What to produce ▸ From the records below, transcribe exactly the lines that begin at the line with "Ended-and_then path end events w P (w', ok" and end at the line with "AllNamed_moved w w' i (es ∷ parts) (k", both included.

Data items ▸
[Start of Attachment]

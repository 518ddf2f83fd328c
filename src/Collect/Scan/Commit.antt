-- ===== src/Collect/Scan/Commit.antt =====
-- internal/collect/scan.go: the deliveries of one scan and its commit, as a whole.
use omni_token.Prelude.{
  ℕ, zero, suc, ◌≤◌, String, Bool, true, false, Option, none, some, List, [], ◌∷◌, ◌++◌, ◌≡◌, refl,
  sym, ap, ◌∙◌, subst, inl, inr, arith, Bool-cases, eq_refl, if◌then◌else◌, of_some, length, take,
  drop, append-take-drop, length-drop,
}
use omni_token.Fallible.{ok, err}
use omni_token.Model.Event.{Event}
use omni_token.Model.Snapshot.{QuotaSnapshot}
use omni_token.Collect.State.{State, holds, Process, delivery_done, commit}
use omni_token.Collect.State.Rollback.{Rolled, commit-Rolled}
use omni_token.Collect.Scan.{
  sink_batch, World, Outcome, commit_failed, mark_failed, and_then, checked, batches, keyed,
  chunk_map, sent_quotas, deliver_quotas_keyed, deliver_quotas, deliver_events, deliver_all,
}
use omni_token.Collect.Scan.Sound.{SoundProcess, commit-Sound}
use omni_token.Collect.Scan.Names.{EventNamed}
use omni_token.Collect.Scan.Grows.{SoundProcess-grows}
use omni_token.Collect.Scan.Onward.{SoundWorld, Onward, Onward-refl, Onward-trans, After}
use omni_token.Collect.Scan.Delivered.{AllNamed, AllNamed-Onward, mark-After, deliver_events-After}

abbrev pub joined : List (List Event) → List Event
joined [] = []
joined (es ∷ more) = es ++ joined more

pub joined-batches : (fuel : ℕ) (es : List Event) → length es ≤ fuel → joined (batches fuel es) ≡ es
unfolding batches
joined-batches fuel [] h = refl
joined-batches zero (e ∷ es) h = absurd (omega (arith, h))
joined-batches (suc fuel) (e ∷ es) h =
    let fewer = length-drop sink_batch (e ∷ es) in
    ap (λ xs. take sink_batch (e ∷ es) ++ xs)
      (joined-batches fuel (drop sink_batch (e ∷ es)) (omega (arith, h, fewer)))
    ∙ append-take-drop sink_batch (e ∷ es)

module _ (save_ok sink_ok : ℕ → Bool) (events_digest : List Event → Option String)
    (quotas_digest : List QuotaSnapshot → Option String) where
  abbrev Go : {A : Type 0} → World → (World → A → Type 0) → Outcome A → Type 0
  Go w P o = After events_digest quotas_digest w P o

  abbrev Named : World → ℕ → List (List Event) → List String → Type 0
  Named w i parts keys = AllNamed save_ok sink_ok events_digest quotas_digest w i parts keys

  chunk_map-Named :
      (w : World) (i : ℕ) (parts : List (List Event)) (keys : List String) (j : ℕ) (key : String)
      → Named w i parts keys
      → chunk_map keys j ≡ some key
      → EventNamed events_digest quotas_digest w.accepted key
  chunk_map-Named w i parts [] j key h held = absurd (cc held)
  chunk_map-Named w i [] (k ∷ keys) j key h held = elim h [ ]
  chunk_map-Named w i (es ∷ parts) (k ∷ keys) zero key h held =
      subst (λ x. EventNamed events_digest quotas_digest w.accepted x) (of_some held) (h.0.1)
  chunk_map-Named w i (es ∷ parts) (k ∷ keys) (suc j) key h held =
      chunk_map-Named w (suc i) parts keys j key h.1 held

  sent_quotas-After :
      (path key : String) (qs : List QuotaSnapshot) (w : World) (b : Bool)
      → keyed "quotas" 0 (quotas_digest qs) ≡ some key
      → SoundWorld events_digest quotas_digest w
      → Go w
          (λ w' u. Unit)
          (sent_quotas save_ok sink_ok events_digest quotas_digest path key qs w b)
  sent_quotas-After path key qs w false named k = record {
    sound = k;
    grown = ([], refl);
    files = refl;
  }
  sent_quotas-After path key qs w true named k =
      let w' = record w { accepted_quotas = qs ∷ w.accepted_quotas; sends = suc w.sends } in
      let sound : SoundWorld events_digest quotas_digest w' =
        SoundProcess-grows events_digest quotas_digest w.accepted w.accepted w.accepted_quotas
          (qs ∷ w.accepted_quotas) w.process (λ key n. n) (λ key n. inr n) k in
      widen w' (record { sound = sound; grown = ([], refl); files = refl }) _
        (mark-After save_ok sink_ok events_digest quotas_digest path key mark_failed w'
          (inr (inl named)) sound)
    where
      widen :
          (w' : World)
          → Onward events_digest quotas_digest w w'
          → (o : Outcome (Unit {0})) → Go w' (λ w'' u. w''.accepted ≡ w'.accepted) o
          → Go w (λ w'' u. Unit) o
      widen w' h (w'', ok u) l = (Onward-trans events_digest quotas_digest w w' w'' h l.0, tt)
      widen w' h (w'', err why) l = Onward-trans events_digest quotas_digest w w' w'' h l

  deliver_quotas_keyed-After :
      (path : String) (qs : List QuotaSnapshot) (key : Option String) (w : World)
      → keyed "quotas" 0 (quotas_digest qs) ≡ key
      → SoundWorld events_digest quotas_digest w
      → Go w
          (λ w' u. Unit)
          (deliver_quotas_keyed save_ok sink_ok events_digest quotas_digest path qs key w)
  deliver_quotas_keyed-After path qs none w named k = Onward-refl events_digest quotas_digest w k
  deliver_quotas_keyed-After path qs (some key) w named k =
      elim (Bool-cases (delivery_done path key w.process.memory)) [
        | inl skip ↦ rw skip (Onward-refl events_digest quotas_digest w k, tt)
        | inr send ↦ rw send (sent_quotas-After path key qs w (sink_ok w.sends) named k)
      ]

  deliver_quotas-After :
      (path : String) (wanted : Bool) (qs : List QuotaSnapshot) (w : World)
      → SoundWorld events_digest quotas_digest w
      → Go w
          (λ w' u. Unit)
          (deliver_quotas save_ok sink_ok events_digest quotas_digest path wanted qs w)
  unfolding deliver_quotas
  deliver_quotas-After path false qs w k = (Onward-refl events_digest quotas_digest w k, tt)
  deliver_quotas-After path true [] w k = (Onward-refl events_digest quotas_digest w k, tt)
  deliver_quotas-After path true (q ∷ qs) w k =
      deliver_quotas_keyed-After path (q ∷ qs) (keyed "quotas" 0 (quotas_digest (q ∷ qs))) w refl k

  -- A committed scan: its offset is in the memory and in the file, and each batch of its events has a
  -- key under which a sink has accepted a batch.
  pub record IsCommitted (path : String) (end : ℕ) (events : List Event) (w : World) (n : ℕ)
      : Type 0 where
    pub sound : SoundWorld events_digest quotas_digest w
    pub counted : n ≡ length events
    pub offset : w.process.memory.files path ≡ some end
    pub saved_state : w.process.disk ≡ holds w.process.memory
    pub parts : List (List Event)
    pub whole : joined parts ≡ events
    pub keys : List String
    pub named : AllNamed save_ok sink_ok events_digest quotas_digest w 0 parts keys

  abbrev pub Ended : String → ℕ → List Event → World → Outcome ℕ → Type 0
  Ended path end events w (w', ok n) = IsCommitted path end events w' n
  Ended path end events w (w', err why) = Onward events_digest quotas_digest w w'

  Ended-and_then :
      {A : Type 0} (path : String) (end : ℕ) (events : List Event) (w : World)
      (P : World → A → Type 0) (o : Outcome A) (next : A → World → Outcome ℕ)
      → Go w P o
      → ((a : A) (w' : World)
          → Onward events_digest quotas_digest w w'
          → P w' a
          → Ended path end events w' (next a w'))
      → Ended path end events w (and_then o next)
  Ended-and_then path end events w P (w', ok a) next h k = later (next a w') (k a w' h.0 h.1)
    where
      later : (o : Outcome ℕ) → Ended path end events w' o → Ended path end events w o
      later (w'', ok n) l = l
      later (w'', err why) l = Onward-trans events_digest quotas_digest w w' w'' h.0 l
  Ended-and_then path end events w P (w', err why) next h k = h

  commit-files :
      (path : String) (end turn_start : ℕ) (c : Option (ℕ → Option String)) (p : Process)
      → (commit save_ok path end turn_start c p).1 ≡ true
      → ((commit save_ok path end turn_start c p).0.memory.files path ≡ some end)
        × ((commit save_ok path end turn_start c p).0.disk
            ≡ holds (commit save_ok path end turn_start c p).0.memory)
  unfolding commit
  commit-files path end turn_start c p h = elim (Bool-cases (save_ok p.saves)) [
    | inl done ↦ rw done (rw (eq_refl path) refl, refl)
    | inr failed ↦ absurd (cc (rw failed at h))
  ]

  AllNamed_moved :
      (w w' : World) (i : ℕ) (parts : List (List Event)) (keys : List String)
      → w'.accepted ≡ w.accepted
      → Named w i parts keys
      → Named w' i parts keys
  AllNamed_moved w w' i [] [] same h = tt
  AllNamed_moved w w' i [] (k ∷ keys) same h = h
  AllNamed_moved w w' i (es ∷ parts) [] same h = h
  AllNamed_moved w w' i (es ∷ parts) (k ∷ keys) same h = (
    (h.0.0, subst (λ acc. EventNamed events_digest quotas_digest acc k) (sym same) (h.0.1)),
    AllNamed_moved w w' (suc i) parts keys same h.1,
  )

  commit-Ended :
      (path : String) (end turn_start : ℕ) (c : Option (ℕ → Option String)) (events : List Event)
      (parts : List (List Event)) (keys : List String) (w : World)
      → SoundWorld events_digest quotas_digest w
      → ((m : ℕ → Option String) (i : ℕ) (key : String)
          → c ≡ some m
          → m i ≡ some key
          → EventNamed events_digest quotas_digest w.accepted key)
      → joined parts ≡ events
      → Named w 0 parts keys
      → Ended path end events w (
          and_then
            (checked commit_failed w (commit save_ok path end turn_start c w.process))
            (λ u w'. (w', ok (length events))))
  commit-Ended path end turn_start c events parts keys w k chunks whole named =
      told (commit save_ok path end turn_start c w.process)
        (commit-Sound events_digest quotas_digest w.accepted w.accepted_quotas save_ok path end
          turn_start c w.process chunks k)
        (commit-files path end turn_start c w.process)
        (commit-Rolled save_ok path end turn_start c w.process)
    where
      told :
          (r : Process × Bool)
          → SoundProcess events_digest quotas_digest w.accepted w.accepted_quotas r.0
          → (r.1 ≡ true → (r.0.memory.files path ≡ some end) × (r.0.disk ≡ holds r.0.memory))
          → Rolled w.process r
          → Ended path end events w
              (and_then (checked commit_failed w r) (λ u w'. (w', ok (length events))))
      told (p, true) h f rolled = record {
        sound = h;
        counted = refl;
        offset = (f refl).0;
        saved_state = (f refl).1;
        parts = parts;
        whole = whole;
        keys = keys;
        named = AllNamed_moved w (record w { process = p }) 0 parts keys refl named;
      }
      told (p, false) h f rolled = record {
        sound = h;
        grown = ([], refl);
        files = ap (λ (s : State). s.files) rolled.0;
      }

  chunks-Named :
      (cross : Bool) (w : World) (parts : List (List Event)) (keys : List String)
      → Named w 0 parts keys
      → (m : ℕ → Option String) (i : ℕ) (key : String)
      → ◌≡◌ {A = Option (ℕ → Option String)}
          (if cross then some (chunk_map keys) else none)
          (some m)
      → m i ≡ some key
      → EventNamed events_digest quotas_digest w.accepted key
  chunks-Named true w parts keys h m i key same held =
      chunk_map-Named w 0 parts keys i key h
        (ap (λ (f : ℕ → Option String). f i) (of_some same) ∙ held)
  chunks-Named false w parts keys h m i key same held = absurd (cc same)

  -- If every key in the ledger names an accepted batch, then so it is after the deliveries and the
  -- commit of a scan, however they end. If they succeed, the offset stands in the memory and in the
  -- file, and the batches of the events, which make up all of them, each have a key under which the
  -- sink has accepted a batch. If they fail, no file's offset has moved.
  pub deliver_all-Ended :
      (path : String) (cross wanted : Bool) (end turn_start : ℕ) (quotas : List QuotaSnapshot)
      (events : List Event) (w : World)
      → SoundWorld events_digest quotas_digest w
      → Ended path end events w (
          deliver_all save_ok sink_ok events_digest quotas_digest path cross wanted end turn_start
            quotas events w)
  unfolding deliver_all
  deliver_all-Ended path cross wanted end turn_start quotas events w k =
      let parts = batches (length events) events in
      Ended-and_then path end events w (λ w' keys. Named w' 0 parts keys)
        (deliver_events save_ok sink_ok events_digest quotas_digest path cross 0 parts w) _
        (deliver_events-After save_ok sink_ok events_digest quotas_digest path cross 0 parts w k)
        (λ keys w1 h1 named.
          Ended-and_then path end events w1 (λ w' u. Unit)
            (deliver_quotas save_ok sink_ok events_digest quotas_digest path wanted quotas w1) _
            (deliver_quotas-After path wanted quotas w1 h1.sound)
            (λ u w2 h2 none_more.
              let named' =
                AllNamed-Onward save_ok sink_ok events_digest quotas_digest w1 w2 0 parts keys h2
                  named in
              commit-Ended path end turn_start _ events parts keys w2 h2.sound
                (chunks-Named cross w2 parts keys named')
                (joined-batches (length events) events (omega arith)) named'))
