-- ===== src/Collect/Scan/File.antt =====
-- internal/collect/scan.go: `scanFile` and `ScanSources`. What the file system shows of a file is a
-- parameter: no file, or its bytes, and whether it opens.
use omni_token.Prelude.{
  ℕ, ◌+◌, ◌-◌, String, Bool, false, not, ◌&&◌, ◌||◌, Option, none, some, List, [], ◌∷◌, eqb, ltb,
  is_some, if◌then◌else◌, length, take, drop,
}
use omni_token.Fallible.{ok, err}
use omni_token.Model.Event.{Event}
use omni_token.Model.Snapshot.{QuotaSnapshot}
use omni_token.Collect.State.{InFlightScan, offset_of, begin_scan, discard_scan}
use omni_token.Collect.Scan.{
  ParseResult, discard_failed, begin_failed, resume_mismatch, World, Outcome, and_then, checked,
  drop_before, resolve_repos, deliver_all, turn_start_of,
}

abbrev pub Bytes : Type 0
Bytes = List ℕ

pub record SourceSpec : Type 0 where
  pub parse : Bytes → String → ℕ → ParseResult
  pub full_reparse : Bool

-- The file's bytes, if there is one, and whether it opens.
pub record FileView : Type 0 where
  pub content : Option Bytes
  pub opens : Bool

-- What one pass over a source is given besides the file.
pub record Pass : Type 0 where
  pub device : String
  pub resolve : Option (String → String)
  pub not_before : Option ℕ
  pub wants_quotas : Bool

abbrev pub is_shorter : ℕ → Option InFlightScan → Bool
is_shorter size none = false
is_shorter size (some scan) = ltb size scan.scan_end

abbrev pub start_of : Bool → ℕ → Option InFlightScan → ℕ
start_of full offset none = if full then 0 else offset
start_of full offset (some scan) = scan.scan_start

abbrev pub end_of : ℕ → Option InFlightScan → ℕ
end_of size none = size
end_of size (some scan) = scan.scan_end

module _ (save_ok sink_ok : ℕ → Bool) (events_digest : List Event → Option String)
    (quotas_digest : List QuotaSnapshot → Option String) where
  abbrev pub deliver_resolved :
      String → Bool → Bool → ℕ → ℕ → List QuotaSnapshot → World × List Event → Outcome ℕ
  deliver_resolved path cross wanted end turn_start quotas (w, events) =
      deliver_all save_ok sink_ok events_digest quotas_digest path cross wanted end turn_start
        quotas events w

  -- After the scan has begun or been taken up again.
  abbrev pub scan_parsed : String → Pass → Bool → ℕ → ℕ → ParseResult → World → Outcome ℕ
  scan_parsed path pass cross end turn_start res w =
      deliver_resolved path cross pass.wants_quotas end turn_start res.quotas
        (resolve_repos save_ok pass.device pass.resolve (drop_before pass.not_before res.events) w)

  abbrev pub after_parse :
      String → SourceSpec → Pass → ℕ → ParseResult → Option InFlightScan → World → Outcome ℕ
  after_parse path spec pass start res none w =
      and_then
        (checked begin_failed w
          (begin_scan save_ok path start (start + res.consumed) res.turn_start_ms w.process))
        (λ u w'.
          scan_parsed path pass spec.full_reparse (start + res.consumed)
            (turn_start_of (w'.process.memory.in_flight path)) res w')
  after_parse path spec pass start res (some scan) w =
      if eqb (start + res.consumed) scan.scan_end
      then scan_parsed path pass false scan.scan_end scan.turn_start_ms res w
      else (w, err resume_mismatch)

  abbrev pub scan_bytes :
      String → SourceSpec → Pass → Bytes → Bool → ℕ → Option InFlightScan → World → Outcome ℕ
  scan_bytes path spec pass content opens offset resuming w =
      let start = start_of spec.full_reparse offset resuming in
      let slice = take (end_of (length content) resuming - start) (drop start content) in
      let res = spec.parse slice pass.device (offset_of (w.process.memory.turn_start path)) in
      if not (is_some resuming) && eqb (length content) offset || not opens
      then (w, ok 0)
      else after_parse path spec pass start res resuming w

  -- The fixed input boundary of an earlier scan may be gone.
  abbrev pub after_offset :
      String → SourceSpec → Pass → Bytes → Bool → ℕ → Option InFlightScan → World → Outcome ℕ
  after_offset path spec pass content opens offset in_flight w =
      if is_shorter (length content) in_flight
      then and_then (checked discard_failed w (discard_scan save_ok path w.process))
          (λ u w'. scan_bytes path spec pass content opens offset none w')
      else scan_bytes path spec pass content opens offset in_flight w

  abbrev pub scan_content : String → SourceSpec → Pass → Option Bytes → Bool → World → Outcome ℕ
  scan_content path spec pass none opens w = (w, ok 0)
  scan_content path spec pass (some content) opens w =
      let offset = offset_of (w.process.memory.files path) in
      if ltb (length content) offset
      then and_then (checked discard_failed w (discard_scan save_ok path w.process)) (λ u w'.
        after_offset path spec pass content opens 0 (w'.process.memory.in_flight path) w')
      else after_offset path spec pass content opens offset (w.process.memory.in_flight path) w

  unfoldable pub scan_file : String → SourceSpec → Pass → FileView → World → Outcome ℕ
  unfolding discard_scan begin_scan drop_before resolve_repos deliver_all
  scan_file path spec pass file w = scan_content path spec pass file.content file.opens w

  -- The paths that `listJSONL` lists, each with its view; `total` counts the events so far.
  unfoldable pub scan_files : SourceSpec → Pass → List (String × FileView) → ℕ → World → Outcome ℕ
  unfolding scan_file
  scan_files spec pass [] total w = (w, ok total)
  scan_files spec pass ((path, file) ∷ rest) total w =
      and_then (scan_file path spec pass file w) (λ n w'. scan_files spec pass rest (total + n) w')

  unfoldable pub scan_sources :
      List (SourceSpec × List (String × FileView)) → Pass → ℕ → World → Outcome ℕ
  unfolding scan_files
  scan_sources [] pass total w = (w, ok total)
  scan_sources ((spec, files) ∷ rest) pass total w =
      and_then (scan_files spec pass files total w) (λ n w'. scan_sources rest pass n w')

[End of Attachment]
[Start of Attachment]

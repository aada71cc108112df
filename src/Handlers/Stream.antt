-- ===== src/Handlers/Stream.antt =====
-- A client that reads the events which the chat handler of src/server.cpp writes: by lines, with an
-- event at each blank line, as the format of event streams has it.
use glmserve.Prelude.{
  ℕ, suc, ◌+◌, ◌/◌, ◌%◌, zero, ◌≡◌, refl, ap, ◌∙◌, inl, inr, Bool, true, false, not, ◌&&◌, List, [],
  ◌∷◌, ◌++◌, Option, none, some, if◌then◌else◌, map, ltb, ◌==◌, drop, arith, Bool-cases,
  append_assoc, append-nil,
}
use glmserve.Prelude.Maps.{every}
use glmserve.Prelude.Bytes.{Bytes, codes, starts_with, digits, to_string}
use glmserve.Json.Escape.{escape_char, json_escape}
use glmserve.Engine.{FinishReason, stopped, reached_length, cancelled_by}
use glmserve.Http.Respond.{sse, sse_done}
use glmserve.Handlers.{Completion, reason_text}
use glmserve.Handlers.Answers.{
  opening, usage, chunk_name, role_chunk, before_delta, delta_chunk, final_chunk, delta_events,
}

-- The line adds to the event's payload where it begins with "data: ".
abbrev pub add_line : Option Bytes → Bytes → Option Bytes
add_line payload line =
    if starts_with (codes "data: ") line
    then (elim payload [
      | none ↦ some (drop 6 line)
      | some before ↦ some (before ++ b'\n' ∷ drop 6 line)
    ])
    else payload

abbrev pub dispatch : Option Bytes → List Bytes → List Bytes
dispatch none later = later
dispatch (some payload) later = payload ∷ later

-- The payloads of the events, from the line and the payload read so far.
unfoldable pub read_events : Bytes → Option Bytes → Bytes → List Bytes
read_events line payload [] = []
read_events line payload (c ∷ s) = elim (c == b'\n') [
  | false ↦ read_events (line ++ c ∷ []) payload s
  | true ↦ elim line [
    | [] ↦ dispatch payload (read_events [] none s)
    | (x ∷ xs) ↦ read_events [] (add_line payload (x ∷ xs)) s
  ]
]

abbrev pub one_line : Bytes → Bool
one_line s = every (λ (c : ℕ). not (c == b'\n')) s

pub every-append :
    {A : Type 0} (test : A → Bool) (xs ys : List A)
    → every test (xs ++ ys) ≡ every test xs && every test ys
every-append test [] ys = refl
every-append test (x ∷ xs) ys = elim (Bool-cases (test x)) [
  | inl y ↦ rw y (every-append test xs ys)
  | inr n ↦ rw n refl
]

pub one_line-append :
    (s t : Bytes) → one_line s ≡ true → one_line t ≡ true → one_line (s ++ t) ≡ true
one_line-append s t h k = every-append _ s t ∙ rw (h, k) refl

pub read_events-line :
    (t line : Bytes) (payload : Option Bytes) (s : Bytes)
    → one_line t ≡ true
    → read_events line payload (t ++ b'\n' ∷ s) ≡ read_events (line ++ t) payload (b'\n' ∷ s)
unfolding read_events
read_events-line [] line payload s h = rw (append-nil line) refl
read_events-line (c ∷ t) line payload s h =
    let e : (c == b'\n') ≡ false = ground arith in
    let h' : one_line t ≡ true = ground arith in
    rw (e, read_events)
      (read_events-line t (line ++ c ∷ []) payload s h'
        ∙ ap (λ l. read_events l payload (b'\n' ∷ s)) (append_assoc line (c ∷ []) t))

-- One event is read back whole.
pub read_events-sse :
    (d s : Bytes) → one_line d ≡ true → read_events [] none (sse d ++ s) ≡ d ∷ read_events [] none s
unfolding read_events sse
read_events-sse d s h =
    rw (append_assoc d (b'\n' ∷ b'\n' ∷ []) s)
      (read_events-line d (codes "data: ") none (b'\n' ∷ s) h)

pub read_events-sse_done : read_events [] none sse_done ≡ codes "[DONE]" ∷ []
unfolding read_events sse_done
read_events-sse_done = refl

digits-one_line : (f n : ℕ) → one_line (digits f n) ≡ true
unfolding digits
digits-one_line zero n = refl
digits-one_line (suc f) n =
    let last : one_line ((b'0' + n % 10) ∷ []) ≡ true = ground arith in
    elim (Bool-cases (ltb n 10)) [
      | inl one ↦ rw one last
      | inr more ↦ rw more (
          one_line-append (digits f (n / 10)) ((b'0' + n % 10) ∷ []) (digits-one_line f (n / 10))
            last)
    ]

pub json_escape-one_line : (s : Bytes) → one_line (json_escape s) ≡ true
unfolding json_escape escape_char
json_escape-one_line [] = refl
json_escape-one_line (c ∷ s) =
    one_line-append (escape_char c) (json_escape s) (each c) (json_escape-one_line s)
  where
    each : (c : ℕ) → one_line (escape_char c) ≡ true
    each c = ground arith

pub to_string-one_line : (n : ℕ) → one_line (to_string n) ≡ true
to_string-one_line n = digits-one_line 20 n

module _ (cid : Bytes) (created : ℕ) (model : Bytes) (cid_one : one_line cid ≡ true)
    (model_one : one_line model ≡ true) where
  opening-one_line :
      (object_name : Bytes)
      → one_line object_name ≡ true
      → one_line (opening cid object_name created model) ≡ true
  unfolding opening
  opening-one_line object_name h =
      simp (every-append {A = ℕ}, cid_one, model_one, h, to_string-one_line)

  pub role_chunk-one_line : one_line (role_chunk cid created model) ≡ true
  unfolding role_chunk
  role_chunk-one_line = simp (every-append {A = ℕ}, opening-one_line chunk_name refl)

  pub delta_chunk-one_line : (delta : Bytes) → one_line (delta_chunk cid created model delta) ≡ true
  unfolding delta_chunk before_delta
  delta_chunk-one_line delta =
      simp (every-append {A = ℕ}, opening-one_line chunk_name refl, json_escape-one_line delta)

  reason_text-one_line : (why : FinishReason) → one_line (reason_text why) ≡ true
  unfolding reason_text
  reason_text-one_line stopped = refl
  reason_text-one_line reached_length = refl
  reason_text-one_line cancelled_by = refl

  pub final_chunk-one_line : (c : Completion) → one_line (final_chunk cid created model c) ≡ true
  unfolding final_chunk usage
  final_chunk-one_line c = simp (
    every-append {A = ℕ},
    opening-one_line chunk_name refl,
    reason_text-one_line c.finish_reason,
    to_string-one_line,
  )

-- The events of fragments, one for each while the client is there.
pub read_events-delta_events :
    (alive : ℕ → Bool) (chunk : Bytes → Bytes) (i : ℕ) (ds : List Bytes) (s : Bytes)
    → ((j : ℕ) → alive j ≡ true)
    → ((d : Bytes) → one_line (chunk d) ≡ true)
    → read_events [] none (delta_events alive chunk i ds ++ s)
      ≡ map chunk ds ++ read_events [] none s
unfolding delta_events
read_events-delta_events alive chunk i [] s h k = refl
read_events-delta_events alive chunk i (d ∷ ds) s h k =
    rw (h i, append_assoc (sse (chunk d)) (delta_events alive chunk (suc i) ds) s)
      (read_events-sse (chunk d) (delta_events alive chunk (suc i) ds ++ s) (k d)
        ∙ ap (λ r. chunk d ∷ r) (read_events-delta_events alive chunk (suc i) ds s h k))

[End of Attachment]

Answer to this problem ▸
  Ended-and_then path end events w P (w', ok a) next h k = later (next a w') (k a w' h.0 h.1)
    where
      later : (o : Outcome ℕ) → Ended path end events w' o → Ended path end events w o
      later (w'', ok n) l = l
      later (w'', err why) l = Onward-trans events_digest quotas_digest w w' w'' h.0 l
  Ended-and_then path end events w P (w', err why) next h k = h

  commit-files :
      (path : String) (end turn_start : ℕ) (c : Option (ℕ → Option String)) (p : Process)
      → (commit save_ok path end turn_start c p).1 ≡ true
      → ((commit save_ok path end turn_start c p).0.memory.files path ≡ some end)
        × ((commit save_ok path end turn_start c p).0.disk
            ≡ holds (commit save_ok path end turn_start c p).0.memory)
  unfolding commit
  commit-files path end turn_start c p h = elim (Bool-cases (save_ok p.saves)) [
    | inl done ↦ rw done (rw (eq_refl path) refl, refl)
    | inr failed ↦ absurd (cc (rw failed at h))
  ]

  AllNamed_moved :
      (w w' : World) (i : ℕ) (parts : List (List Event)) (keys : List String)
      → w'.accepted ≡ w.accepted
      → Named w i parts keys
      → Named w' i parts keys
  AllNamed_moved w w' i [] [] same h = tt
  AllNamed_moved w w' i [] (k ∷ keys) same h = h
  AllNamed_moved w w' i (es ∷ parts) [] same h = h
  AllNamed_moved w w' i (es ∷ parts) (k ∷ keys) same h = (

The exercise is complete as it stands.